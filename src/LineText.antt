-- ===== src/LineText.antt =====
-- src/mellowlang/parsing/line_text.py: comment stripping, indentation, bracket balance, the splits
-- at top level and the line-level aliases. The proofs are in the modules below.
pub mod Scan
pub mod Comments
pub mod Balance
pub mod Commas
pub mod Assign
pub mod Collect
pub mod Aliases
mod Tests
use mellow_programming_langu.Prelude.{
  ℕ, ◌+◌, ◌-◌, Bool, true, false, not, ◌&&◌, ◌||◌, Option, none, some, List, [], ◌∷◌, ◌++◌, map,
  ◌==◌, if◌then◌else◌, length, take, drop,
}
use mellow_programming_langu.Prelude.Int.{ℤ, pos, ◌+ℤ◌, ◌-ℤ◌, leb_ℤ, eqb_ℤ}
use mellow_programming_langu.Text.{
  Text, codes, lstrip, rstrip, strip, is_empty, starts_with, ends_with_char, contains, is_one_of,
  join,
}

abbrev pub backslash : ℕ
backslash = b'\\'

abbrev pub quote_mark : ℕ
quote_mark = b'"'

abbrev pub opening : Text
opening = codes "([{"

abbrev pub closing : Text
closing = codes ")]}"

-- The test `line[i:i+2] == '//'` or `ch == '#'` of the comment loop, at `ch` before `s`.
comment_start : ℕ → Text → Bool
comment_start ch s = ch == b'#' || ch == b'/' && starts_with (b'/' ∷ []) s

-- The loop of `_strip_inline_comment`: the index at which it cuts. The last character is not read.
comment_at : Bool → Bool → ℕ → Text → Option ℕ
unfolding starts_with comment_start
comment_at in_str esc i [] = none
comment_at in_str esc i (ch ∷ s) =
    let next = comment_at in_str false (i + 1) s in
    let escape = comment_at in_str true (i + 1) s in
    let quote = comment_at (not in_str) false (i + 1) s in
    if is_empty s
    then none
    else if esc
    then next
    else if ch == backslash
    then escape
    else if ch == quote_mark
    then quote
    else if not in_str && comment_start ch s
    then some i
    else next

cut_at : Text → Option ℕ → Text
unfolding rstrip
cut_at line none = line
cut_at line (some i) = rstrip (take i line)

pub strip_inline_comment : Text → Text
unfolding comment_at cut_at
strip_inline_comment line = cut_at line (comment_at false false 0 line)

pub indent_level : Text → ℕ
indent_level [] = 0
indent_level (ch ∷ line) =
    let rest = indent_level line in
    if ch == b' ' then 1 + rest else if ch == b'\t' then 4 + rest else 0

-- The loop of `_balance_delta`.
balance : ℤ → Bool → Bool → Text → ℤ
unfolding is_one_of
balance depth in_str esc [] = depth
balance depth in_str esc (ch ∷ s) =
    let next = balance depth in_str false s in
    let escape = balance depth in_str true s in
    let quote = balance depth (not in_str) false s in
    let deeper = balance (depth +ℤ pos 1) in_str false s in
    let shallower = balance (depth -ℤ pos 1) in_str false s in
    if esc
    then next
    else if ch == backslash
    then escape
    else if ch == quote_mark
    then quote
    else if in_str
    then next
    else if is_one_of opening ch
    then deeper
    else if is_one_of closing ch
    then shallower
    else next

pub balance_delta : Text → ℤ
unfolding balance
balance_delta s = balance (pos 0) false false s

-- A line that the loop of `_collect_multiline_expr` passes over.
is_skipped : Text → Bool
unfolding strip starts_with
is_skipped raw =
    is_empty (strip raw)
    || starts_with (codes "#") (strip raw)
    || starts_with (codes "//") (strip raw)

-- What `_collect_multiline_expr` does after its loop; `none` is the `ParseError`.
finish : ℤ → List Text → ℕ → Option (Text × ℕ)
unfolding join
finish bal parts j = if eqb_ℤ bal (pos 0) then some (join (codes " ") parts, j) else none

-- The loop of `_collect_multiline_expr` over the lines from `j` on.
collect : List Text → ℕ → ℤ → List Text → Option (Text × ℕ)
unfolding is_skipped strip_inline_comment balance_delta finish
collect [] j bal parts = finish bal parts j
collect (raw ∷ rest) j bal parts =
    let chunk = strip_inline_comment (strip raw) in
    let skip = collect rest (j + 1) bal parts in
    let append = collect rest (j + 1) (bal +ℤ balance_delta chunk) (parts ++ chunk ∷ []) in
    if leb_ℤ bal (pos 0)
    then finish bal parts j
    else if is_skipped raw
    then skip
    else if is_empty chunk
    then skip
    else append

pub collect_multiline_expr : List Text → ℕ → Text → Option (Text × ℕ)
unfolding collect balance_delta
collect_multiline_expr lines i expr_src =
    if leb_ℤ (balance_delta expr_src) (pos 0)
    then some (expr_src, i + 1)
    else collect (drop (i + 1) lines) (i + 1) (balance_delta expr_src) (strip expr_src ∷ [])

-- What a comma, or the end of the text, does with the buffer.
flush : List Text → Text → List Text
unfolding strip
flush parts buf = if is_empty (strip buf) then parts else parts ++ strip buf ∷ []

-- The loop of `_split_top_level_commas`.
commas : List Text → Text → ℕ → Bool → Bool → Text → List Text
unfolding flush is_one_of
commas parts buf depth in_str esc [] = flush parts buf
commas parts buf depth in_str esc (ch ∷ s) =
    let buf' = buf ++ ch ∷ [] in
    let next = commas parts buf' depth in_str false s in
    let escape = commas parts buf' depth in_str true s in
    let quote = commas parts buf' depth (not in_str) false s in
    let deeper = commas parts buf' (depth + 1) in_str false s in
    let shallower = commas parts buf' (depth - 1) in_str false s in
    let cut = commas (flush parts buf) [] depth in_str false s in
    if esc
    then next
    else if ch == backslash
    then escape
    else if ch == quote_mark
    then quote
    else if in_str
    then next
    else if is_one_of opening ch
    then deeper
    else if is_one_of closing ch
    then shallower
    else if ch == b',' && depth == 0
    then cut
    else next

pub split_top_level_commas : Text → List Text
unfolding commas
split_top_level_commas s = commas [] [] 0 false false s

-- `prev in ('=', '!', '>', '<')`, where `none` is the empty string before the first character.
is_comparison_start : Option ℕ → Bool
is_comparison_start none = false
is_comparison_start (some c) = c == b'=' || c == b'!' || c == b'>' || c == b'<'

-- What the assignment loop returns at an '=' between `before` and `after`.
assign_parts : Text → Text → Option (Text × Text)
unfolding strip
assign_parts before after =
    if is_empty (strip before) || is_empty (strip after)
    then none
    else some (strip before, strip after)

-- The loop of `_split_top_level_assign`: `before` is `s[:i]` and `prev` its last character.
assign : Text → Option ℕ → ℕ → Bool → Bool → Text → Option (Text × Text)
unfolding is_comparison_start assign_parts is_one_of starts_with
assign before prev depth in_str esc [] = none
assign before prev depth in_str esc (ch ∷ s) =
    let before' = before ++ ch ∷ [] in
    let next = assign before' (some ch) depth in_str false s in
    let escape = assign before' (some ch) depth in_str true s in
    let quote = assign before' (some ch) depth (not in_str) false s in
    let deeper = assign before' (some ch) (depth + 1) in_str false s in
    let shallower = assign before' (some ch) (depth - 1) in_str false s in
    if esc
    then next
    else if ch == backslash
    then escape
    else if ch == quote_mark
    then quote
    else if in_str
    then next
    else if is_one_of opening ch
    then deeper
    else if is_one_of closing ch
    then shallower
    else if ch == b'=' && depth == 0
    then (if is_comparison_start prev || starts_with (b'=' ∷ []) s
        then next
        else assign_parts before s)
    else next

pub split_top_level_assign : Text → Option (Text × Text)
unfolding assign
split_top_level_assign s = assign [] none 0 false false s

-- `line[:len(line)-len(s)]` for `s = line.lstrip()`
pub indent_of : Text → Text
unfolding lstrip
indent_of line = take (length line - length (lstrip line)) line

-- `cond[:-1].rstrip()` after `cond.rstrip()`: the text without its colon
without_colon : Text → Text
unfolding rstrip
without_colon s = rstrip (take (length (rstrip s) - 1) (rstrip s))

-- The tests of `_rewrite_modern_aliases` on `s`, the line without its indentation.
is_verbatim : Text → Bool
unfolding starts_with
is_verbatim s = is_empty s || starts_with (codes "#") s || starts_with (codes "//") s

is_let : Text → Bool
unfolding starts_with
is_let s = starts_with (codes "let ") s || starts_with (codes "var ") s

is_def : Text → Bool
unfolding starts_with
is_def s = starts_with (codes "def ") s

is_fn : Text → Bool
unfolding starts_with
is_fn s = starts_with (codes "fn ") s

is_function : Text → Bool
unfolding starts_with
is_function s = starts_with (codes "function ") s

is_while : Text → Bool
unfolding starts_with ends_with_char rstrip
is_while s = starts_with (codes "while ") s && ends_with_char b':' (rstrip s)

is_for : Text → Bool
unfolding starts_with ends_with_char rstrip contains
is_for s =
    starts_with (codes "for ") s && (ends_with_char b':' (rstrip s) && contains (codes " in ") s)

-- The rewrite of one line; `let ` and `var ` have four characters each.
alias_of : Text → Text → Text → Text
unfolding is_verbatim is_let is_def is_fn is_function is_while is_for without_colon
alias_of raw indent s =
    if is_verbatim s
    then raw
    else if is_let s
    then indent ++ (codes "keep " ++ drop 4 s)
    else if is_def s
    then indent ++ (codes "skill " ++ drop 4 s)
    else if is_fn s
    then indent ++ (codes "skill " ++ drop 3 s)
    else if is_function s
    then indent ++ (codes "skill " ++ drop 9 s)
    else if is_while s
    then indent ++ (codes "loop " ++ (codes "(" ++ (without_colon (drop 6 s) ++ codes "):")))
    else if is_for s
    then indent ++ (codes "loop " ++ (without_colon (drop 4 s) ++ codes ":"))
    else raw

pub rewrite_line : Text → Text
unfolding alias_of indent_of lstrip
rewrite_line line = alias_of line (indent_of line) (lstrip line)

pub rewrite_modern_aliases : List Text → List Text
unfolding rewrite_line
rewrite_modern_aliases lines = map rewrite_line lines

====

Aim of the task: Nothing but the lines from the one with "pub rewrite_modern_aliases : List" through the final line of the records may appear in the answer, and each must be transcribed exactly.

Response:
pub rewrite_modern_aliases : List Text → List Text
unfolding rewrite_line
rewrite_modern_aliases lines = map rewrite_line lines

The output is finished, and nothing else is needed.